> **WHAT THIS TASK INVOLVES**: Copy each line from the data that has the word "Events" in it.

-- SOURCE RECORDS follows --

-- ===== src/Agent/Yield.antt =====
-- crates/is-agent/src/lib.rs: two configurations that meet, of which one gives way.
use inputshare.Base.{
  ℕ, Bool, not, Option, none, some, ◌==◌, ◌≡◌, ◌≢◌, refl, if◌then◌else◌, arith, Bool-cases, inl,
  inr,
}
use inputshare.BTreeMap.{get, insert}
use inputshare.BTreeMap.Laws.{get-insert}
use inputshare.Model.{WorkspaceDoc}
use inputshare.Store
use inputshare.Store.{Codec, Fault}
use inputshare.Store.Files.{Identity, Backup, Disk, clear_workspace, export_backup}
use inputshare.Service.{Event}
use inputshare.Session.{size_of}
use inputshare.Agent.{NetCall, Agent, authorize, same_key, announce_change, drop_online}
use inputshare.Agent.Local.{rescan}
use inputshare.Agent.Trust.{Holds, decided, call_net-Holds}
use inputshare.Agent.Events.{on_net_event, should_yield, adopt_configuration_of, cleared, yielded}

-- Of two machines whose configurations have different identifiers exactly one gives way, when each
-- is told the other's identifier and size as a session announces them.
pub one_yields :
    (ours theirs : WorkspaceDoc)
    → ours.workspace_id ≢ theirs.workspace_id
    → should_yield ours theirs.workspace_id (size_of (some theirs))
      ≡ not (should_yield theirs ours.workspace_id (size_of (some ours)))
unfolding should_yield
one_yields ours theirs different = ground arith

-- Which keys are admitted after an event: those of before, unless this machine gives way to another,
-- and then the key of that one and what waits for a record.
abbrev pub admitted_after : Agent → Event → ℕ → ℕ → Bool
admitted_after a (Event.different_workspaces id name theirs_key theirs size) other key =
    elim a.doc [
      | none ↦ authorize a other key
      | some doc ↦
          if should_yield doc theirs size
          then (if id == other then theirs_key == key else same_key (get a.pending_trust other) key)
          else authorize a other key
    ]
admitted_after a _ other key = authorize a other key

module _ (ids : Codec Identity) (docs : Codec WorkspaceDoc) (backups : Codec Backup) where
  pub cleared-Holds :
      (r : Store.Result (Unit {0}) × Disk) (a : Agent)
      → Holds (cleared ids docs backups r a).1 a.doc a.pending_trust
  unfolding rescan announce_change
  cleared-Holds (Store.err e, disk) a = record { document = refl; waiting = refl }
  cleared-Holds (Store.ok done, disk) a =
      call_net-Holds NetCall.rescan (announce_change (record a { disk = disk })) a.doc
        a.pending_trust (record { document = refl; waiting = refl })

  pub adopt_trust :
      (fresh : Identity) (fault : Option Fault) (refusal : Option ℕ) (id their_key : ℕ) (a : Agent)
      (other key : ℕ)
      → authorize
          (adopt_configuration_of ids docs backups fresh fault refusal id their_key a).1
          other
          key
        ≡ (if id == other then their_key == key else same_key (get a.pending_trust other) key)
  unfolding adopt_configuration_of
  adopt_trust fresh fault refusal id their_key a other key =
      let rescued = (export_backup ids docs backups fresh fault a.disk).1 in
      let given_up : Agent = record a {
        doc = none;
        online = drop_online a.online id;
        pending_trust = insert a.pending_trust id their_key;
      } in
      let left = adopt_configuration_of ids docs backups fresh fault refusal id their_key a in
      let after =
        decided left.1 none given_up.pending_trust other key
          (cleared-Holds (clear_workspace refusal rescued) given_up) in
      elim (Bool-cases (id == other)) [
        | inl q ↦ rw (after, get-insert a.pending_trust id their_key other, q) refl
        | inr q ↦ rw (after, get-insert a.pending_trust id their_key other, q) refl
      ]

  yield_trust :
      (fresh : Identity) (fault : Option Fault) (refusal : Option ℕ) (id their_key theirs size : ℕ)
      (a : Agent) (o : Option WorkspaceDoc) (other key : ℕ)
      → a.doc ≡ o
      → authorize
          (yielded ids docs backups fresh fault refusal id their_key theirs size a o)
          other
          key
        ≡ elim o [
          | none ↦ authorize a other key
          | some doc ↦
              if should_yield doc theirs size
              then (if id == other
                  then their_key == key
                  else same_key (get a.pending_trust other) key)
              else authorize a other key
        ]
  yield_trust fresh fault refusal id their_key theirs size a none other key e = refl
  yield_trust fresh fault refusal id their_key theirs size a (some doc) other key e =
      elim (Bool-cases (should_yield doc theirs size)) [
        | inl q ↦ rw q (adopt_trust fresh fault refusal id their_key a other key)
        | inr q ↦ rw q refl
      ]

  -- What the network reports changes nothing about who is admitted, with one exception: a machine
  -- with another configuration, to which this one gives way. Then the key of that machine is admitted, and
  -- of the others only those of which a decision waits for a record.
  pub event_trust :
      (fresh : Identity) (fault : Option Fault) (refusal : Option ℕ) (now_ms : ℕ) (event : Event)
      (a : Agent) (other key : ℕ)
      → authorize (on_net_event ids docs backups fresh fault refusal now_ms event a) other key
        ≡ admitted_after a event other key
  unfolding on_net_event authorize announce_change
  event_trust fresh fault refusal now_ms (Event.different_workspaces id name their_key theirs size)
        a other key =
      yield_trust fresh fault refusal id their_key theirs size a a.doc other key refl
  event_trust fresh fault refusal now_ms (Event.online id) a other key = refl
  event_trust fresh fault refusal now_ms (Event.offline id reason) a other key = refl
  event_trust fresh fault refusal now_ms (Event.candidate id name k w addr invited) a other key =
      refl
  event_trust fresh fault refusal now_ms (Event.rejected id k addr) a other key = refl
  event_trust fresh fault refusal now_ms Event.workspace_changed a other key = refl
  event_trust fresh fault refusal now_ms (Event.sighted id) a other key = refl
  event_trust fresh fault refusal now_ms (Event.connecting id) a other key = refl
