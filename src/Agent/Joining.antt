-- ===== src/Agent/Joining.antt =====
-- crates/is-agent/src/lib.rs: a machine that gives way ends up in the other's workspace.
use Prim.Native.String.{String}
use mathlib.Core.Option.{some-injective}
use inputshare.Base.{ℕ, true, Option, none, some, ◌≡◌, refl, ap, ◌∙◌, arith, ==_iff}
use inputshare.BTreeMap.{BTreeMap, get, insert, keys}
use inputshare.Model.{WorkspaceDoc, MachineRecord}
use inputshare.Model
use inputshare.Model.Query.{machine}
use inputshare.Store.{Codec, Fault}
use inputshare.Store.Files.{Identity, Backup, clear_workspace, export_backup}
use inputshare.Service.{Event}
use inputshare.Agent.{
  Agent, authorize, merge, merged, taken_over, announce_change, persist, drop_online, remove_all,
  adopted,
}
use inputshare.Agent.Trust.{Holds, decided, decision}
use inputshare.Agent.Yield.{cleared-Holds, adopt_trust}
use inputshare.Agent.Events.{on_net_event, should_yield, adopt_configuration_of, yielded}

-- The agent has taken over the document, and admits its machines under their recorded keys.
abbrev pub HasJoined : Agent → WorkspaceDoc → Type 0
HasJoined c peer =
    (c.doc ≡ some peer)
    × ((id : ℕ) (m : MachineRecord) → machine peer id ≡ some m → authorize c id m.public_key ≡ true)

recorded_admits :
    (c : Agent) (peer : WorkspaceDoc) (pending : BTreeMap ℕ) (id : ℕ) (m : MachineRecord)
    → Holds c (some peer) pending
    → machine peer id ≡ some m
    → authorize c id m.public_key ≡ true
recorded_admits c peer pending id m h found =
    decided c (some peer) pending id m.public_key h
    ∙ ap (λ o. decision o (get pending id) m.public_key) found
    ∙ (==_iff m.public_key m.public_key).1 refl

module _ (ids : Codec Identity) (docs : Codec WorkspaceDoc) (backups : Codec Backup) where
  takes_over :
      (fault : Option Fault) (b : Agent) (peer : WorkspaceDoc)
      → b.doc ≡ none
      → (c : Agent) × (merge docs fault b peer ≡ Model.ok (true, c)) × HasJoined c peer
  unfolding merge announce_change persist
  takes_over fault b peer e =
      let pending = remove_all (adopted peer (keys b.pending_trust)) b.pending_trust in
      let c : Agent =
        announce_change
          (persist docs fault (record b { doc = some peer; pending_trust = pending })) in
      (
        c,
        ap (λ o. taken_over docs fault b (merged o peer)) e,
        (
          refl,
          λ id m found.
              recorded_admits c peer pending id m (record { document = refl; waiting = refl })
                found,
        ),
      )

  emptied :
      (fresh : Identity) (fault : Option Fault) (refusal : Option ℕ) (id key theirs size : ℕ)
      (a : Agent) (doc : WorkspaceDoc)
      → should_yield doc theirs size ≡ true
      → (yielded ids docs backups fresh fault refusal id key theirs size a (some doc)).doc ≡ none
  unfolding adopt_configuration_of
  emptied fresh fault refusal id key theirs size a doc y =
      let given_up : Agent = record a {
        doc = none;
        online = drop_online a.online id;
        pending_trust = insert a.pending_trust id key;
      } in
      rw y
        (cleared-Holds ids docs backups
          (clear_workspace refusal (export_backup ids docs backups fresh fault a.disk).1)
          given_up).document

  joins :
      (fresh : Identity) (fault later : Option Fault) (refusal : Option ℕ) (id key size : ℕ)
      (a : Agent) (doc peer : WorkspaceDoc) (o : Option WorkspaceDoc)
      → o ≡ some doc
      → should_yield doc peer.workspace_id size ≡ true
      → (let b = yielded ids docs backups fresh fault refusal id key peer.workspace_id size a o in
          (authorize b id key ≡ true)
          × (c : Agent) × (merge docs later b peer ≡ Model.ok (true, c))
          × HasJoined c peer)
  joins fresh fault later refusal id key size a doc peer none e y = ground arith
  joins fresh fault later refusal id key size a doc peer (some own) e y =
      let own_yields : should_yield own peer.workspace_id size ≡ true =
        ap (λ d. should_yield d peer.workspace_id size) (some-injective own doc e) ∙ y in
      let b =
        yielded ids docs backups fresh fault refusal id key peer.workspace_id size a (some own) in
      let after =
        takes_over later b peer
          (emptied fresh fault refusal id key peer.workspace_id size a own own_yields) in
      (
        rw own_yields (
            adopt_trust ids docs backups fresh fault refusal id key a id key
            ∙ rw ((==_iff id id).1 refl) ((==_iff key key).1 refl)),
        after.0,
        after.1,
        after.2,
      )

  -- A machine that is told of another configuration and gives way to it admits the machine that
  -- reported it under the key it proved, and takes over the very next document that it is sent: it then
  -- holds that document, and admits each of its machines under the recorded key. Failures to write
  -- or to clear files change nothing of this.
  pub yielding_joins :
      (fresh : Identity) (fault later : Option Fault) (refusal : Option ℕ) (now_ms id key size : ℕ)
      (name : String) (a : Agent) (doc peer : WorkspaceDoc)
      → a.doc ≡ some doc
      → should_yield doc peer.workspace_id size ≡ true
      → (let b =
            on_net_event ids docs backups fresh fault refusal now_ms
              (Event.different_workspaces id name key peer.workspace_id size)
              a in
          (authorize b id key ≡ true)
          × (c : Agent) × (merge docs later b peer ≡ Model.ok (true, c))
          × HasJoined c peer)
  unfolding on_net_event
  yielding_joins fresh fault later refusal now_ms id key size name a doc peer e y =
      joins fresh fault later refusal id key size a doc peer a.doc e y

-- SOURCE RECORDS concluded --

> **EXERCISE RESPONSE**:
use inputshare.Agent.Events.{on_net_event, should_yield, adopt_configuration_of, cleared, yielded}
use inputshare.Agent.Events.{on_net_event, should_yield, adopt_configuration_of, yielded}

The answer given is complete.